I never got the uniforms with the weird colors either.  I'm all about the classic white gi or dobuk, even when I was advanced enough to wear black pants with the white top I didnt.  But then I'm the guy who only uses the dobuk with the school patches and all that for tournaments, in class, try getting me to wear that ... no sir, just the white one.


----------



## JWLuiza (Nov 7, 2007)

Omar B said:


> I never got the uniforms with the weird colors either.  I'm all about the classic white gi or dobuk, even when I was advanced enough to wear black pants with the white top I didnt.  But then I'm the guy who only uses the dobuk with the school patches and all that for tournaments, in class, try getting me to wear that ... no sir, just the white one.



Judo and BJJ use blue for competitions.  I'm not sure the rules, but it's there to ID competitors.


----------



## Tez3 (Nov 7, 2007)

I have a black 'Vitamins and Minerals' one from Brazil and a blue one made to the same design by a company we employed to make them for us. I've seen red Gis and a dark pink one worn by Kyra Gracie. We sell white ones as well but blue are very popular.


----------



## Jonathan (Nov 7, 2007)

JWLuiza said:


> Judo and BJJ use blue for competitions. I'm not sure the rules, but it's there to ID competitors.


 
Ah, see, that makes sense- not unlike different color boxing trunks in western boxing.  That's the kind of thing I'd like to know- is there a practical and/or deeper meaning (such as red signifying courage, that kind of thing)?  Or is it just that- a means of separating one competitor from another?


----------



## Andrew Green (Nov 7, 2007)

It was that blue and white made it easier to tell who's limbs where who's on TV when Judo first "made it big"

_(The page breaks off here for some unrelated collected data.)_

-- ===== src/Ledger/Delivers.antt =====
-- The pump delivers what is due (server/services/delegated-results.ts).
use velarix_bot.Prelude.{
  ℕ, ◌+◌, ◌≤◌, String, true, false, ◌&&◌, List, [], ◌∷◌, none, some, map, any, ◌===◌, ===_iff,
  ===_refl, ==_refl, ◌≡◌, refl, ap, ◌∙◌, arith, ◌⊎◌, inl, inr, Bool-cases, find_first_sound,
}
use velarix_bot.Prelude.Dict.{Dict, get, get-set}
use velarix_bot.Ledger.Rows.{Delivery, Ledger, Claim, ok}
use velarix_bot.Ledger.Deliveries.{
  claim, take_claim, candidate, is_claimable, claimed_row, new_claim, reclaim, claims_collide,
  is_sealed_run, list_claimable, default_claim_lease_ms, is_claimed, put_delivery,
}
use velarix_bot.Ledger.Receipts.{Messages, ack, acked_row, is_used, is_committed, holds_claim}
use velarix_bot.Ledger.Pump.{
  StoredMessage, Inbox, put_fixed, committed, delivered, System, confirm, put_and_ack, deliver_one,
}
use velarix_bot.Ledger.Delivered.{message_of, is_put, put-stored}

candidate-claimable :
    (now : ℕ) (rows : Dict Delivery) (d : Delivery)
    → candidate none now rows ≡ some d
    → is_claimable now d ≡ true
unfolding candidate
candidate-claimable now rows d e =
    (find_first_sound (is_claimable now) (list_claimable now rows) d e).0

-- The ledger after the claim.
abbrev with_claim : Delivery → String → String → ℕ → Ledger → Ledger
with_claim d token owner now l =
    record (put_delivery d.id (claimed_row d d token owner default_claim_lease_ms now) l) {
      claims = new_claim d token owner default_claim_lease_ms now ∷ reclaim d l.claims;
    }

takes :
    (d : Delivery) (token owner : String) (now : ℕ) (l : Ledger)
    → get d.id l.deliveries ≡ some d
    → is_claimable now d ≡ true
    → d.updated_at ≤ now
    → any (claims_collide (new_claim d token owner default_claim_lease_ms now)) (reclaim d l.claims)
      ≡ false
    → take_claim d token owner default_claim_lease_ms now l ≡ (
      with_claim d token owner now l,
      ok (some (claimed_row d d token owner default_claim_lease_ms now)),
    )
unfolding take_claim
takes d token owner now l f c le fresh = ground arith

claims-due :
    (d : Delivery) (token owner : String) (now : ℕ) (l : Ledger)
    → candidate none now l.deliveries ≡ some d
    → is_sealed_run (get d.run_id l.runs) ≡ true
    → claim none token owner (some default_claim_lease_ms) now l
      ≡ take_claim d token owner default_claim_lease_ms now l
unfolding claim
claims-due d token owner now l c s = ground arith

unused :
    (d : Delivery) (new : Claim) (cs : List Claim)
    → any (claims_collide new) cs ≡ false
    → any (is_used d new.token) cs ≡ false
unfolding is_used claims_collide
unused d new [] h = refl
unused d new (c ∷ cs) h = ground (arith, unused d new cs, h)

listed :
    (id thread : String) (m : Dict StoredMessage) (msg : StoredMessage)
    → get id m ≡ some msg
    → msg.thread_id ≡ thread
    → any
        (λ (e : String × String). e.0 === id && e.1 === thread)
        (map (λ (e : String × StoredMessage). (e.0, e.1.thread_id)) m)
      ≡ true
unfolding get
listed id thread [] msg e t = absurd (ground arith)
listed id thread ((k, x) ∷ m) msg e t = elim (Bool-cases (k === id)) [
  | inl q ↦
      let same : x ≡ msg = ground arith in
      let there : (x.thread_id === thread) ≡ true =
        (===_iff x.thread_id thread).1 (ap (λ z. z.thread_id) same ∙ t) in
      rw (q, there) refl
  | inr q ↦ ground (arith, listed id thread m msg (rw q at e) t)
]

acks-held :
    (messages : Messages) (d : Delivery) (token : String) (now : ℕ) (l : Ledger)
    → get d.id l.deliveries ≡ some d
    → is_claimed d.state ≡ true
    → holds_claim d token ≡ true
    → any (is_used d token) l.claims ≡ false
    → is_committed messages d ≡ true
    → d.updated_at ≤ now
    → (ack messages d.id token now l).1 ≡ ok (acked_row d now)
unfolding ack
acks-held messages d token now l f s h u c le = ground arith

put-goes :
    (d : Delivery) (inbox : Inbox)
    → any (λ t. t === d.destination_thread_id) inbox.threads ≡ true
    → (get d.message_id inbox.messages ≡ none)
      ⊎ (get d.message_id inbox.messages ≡ some (message_of d))
    → is_put (put_fixed d.destination_thread_id d.message_id d.payload_json inbox).1 ≡ true
unfolding put_fixed is_put
put-goes d inbox t (inl e) = ground arith
put-goes d inbox t (inr e) =
    ground (arith, ===_refl d.destination_thread_id, ===_refl d.payload_json)

confirm-goes :
    (d : Delivery) (token : String) (now : ℕ) (s : System) (inbox : Inbox) (acked : Delivery)
    → (ack (committed inbox) d.id token now s.ledger).1 ≡ ok acked
    → (confirm d token now s inbox).1 ≡ delivered
unfolding confirm
confirm-goes d token now s inbox acked e = rw (e, confirm) refl

put_and_ack-goes :
    (d : Delivery) (token : String) (now : ℕ) (s : System) (acked : Delivery)
    → let put = put_fixed d.destination_thread_id d.message_id d.payload_json s.inbox in
      is_put put.1 ≡ true
      → (ack (committed put.0) d.id token now s.ledger).1 ≡ ok acked
      → (put_and_ack d token now s).1 ≡ delivered
unfolding put_and_ack is_put
put_and_ack-goes d token now s acked p a = ground (
  arith,
  confirm-goes d token now s
      (put_fixed d.destination_thread_id d.message_id d.payload_json s.inbox).0 acked a,
)

first_use :
    (d : Delivery) (token owner : String) (now : ℕ) (l : Ledger)
    → any (claims_collide (new_claim d token owner default_claim_lease_ms now)) (reclaim d l.claims)
      ≡ false
    → any
        (is_used (claimed_row d d token owner default_claim_lease_ms now) token)
        (with_claim d token owner now l).claims
      ≡ false
unfolding is_used
first_use d token owner now l fresh = ground (
  arith,
  ==_refl (d.claim_generation + 1),
  unused (claimed_row d d token owner default_claim_lease_ms now)
      (new_claim d token owner default_claim_lease_ms now) (reclaim d l.claims) fresh,
)

commits :
    (d : Delivery) (inbox : Inbox)
    → get d.message_id inbox.messages ≡ some (message_of d)
    → is_committed (committed inbox) d ≡ true
unfolding is_committed
commits d inbox e = listed d.message_id d.destination_thread_id inbox.messages (message_of d) e refl

claimed-then :
    (token owner : String) (now : ℕ) (s : System) (l : Ledger) (d : Delivery)
    → claim none token owner (some default_claim_lease_ms) now s.ledger ≡ (l, ok (some d))
    → deliver_one token owner now s ≡ put_and_ack d token now (record s { ledger = l })
unfolding deliver_one
claimed-then token owner now s l d e =
    rw (e, deliver_one) (ap (λ x. put_and_ack d token now (record s { ledger = x.0 })) e)

-- A delivery that is the oldest one due, of a sealed run, whose thread exists and whose message is not
-- stored or was stored before, is delivered by the pump's next attempt, if its token is new and the
-- clock has not gone back.
pub deliver_one_delivers :
    (token owner : String) (now : ℕ) (s : System) (d : Delivery)
    → candidate none now s.ledger.deliveries ≡ some d
    → get d.id s.ledger.deliveries ≡ some d
    → is_sealed_run (get d.run_id s.ledger.runs) ≡ true
    → d.updated_at ≤ now
    → any
        (claims_collide (new_claim d token owner default_claim_lease_ms now))
        (reclaim d s.ledger.claims)
      ≡ false
    → any (λ t. t === d.destination_thread_id) s.inbox.threads ≡ true
    → (get d.message_id s.inbox.messages ≡ none)
      ⊎ (get d.message_id s.inbox.messages ≡ some (message_of d))
    → (deliver_one token owner now s).1 ≡ delivered
deliver_one_delivers token owner now s d c f sealed_run le fresh thread place =
    let l = with_claim d token owner now s.ledger in
    let d1 = claimed_row d d token owner default_claim_lease_ms now in
    let s1 : System = record s { ledger = l } in
    let put = put_fixed d1.destination_thread_id d1.message_id d1.payload_json s.inbox in
    let stored : is_put put.1 ≡ true = put-goes d1 s.inbox thread place in
    let taken : claim none token owner (some default_claim_lease_ms) now s.ledger
        ≡ (l, ok (some d1)) =
      claims-due d token owner now s.ledger c sealed_run
      ∙ takes d token owner now s.ledger f (candidate-claimable now s.ledger.deliveries d c) le
          fresh in
    let found : get d1.id l.deliveries ≡ some d1 = grind (arith, get-set, ===_refl) in
    let acked : (ack (committed put.0) d1.id token now l).1 ≡ ok (acked_row d1 now) =
      acks-held (committed put.0) d1 token now l found refl (===_refl token)
        (first_use d token owner now s.ledger fresh)
        (commits d1 put.0 (put-stored d1 s.inbox stored)) (omega arith) in
    ap (λ r. r.1) (claimed-then token owner now s l d1 taken)
    ∙ put_and_ack-goes d1 token now s1 (acked_row d1 now) stored acked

They're training clothes, I really don't see any need to assign special meaning to them.


----------



## Jonathan (Nov 7, 2007)

Andrew Green said:


> It was that blue and white made it easier to tell who's limbs where who's on TV when Judo first "made it big"
> 
> They're training clothes, I really don't see any need to assign special meaning to them.


 
Kind of what I thought- I was just curious.  So it's largely practical (differentiating competitors while grappling), and just individual taste, then.  Thanks all!


----------



## Tez3 (Nov 7, 2007)

Andrew Green said:


> It was that blue and white made it easier to tell who's limbs where who's on TV when Judo first "made it big"
> 
> They're training clothes, *I really don't see any need to assign special* *meaning to them*.


 
You haven't see Kyra Gracie in her Gi have you? 

http://www.graciekyra.com/


----------



## Eternal Beginner (Nov 8, 2007)

In competition you are usually allowed to wear only solid white, blue or black gi's - no mixing colours for pants/jackets.  I know in Brazil any gi with a different coloured collar was also not allowed in tournaments.

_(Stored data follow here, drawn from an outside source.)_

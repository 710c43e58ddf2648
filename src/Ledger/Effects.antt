-- ===== src/Ledger/Effects.antt =====
-- What the calls write to the runs (server/repositories/agent-task-runs.ts): which of them go through,
-- and on which run.
use velarix_bot.Prelude.{
  ℕ, String, Bool, true, false, not, Option, some, is_some, if◌then◌else◌, ltb, leb, ◌||◌, ◌&&◌,
  ===_iff, ◌≡◌, refl, arith,
}
use velarix_bot.Prelude.Dict.{get, set}
use velarix_bot.Ledger.Contracts.{SealedRunResult}
use velarix_bot.Ledger.Canonical.{Node}
use velarix_bot.Ledger.Rows.{DeliveryFailureCode, Run, RunState, sealed, Ledger}
use velarix_bot.Ledger.Runs.{
  RunBoundIdentity, bind_running, record_progress, is_pending, identity_matches,
}
use velarix_bot.Ledger.Report.{FinalizeInput, deliveries_of}
use velarix_bot.Ledger.Finalize.{insert_deliveries, seal, terminalize}
use velarix_bot.Ledger.Deliveries.{take_claim, claim}
use velarix_bot.Ledger.Receipts.{Messages, ack, fail_delivery, retry_failed, mark_published}
use velarix_bot.Ledger.Kept.{goes_through}
use velarix_bot.Ledger.Runs.{any_run, is_taken, is_before, bound_run, progressed_run}

abbrev pub has_ended : RunState → Bool
has_ended RunState.pending = false
has_ended RunState.running = false
has_ended (sealed o) = true

pub matches-id : (r : Run) (i : RunBoundIdentity) → identity_matches r i ≡ true → r.id ≡ i.run_id
unfolding identity_matches
matches-id r i h = (===_iff r.id i.run_id).0 (ground arith)

pub binds_through : RunBoundIdentity → String → String → ℕ → Run → Ledger → Bool
binds_through identity turn instance now r0 l =
    identity_matches r0 identity
    && (is_pending r0.state
        && not
            (any_run (is_taken r0.worker_thread_id instance turn) l.runs || ltb now r0.updated_at))

pub bind_effect :
    (identity : RunBoundIdentity) (turn instance model : String) (now : ℕ) (l : Ledger) (r0 : Run)
    → get identity.run_id l.runs ≡ some r0
    → (bind_running identity turn instance model now l).0.runs ≡ (
        if binds_through identity turn instance now r0 l
        then set r0.id (bound_run r0 turn instance model now) l.runs
        else l.runs)
unfolding bind_running binds_through
bind_effect identity turn instance model now l r0 e = ground arith

pub bind-open :
    (identity : RunBoundIdentity) (turn instance : String) (now : ℕ) (r0 : Run) (l : Ledger)
    → binds_through identity turn instance now r0 l ≡ true
    → (identity_matches r0 identity ≡ true) × (has_ended r0.state ≡ false)
unfolding binds_through
bind-open identity turn instance now r0 l h = ground arith

pub progresses_through : RunBoundIdentity → ℕ → Run → Bool
progresses_through identity now r0 =
    identity_matches r0 identity
    && (not (has_ended r0.state)
        && not (ltb now r0.updated_at || is_before now r0.last_progress_at))

pub progress_effect :
    (identity : RunBoundIdentity) (json : String) (now : ℕ) (l : Ledger) (r0 : Run)
    → get identity.run_id l.runs ≡ some r0
    → (record_progress identity json now l).0.runs ≡ (
        if progresses_through identity now r0
        then set r0.id (progressed_run r0 json now) l.runs
        else l.runs)
unfolding record_progress progresses_through
progress_effect identity json now l r0 e = ground arith

pub progress-open :
    (identity : RunBoundIdentity) (now : ℕ) (r0 : Run)
    → progresses_through identity now r0 ≡ true
    → (identity_matches r0 identity ≡ true) × (has_ended r0.state ≡ false)
unfolding progresses_through
progress-open identity now r0 h = ground arith

pub goes-open :
    (input : FinalizeInput) (computed : String) (r0 : Run)
    → goes_through input computed r0 ≡ true
    → (identity_matches r0 input.identity ≡ true) × (has_ended r0.state ≡ false)
unfolding goes_through
goes-open input computed r0 h = ground arith

pub seal_writes : Node → FinalizeInput → SealedRunResult → Run → Ledger → Bool
seal_writes node input result r l =
    is_some (insert_deliveries (deliveries_of node input result r) l.deliveries)
    && leb r.updated_at input.now

pub seal_effect :
    (node : Node) (input : FinalizeInput) (result : SealedRunResult) (r : Run) (l : Ledger)
    → (seal node input result r l).0.runs ≡ (
        if seal_writes node input result r l
        then set r.id (terminalize node input result r) l.runs
        else l.runs)
unfolding seal seal_writes
seal_effect node input result r l = ground arith

pub if-runs :
    (b : Bool) (l l' : Ledger) → (if b then l' else l).runs ≡ (if b then l'.runs else l.runs)
if-runs true l l' = refl
if-runs false l l' = refl

pub claim-runs :
    (id : Option String) (token owner : String) (lease_ms : Option ℕ) (now : ℕ) (l : Ledger)
    → (claim id token owner lease_ms now l).0.runs ≡ l.runs
unfolding claim take_claim
claim-runs id token owner lease_ms now l = ground arith

pub ack-runs :
    (messages : Messages) (id token : String) (now : ℕ) (l : Ledger)
    → (ack messages id token now l).0.runs ≡ l.runs
unfolding ack
ack-runs messages id token now l = ground arith

pub fail-runs :
    (id token : String) (code : DeliveryFailureCode) (now : ℕ) (l : Ledger)
    → (fail_delivery id token code now l).0.runs ≡ l.runs
unfolding fail_delivery
fail-runs id token code now l = ground arith

pub retry-runs : (id : String) (now : ℕ) (l : Ledger) → (retry_failed id now l).0.runs ≡ l.runs
unfolding retry_failed
retry-runs id now l = ground arith

pub publish-runs :
    (messages : Messages) (id : String) (now : ℕ) (l : Ledger)
    → (mark_published messages id now l).0.runs ≡ l.runs
unfolding mark_published
publish-runs messages id now l = ground arith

There is no significance to a coloured gi in BJJ that I know of.  We have white belts who wear black gi's and one brown belt who wears a bright pink gi.  I've seen red, green, different shades of pink and mixed gi's during regular training.  Most of the instructors I have trained with don't really care about the gi as long as it is clean and isn't all torn up.

I know in our local tournament, we as organizers, are far more concerned about the 'fit' of the gi and it's condition than it's colour.  We have let people compete in red and pink gi's as long as they met the guidelines.


----------



## Ybot (Nov 13, 2007)

Personal preference is usually the only determining factor as far as color of gi goes for training.  As previously stated, only blue, black, or white are allowed for competition, with no mixing (ex. White jacket w/ black pants).

In competition if one competitor happens to be wearing a white gi, and the other a blue or black one, then neither competitor has to wear the green and yellow belt used to differentiate the competitors.  If both have white, or both have blue, then one competitor wears the green and yellow belt (for scoring reasons).


----------



## Razul eaox (Jan 6, 2008)

Jonathan said:


> Ah, see, that makes sense- not unlike different color boxing trunks in western boxing. That's the kind of thing I'd like to know- is there a practical and/or deeper meaning (such as red signifying courage, that kind of thing)? Or is it just that- a means of separating one competitor from another?


 

In japan samurai used to wear white to signify their willingness to die on the battlefield. White gi signified purity in the old days but now there isnt really a significent meaning


----------



## Shogun (Jan 17, 2008)

The IBJJF allows Blu, black, and white. but any other competiton allows just about any color. Some schools (Royler lineage, Rickson lineage, etc) only allows White gis with a single left lapel patch, and sometimes a back patch. 

check out this site http://www.ibjjf.org/rules.htm
for offical BJJ rules for competitions, and placement of patches


----------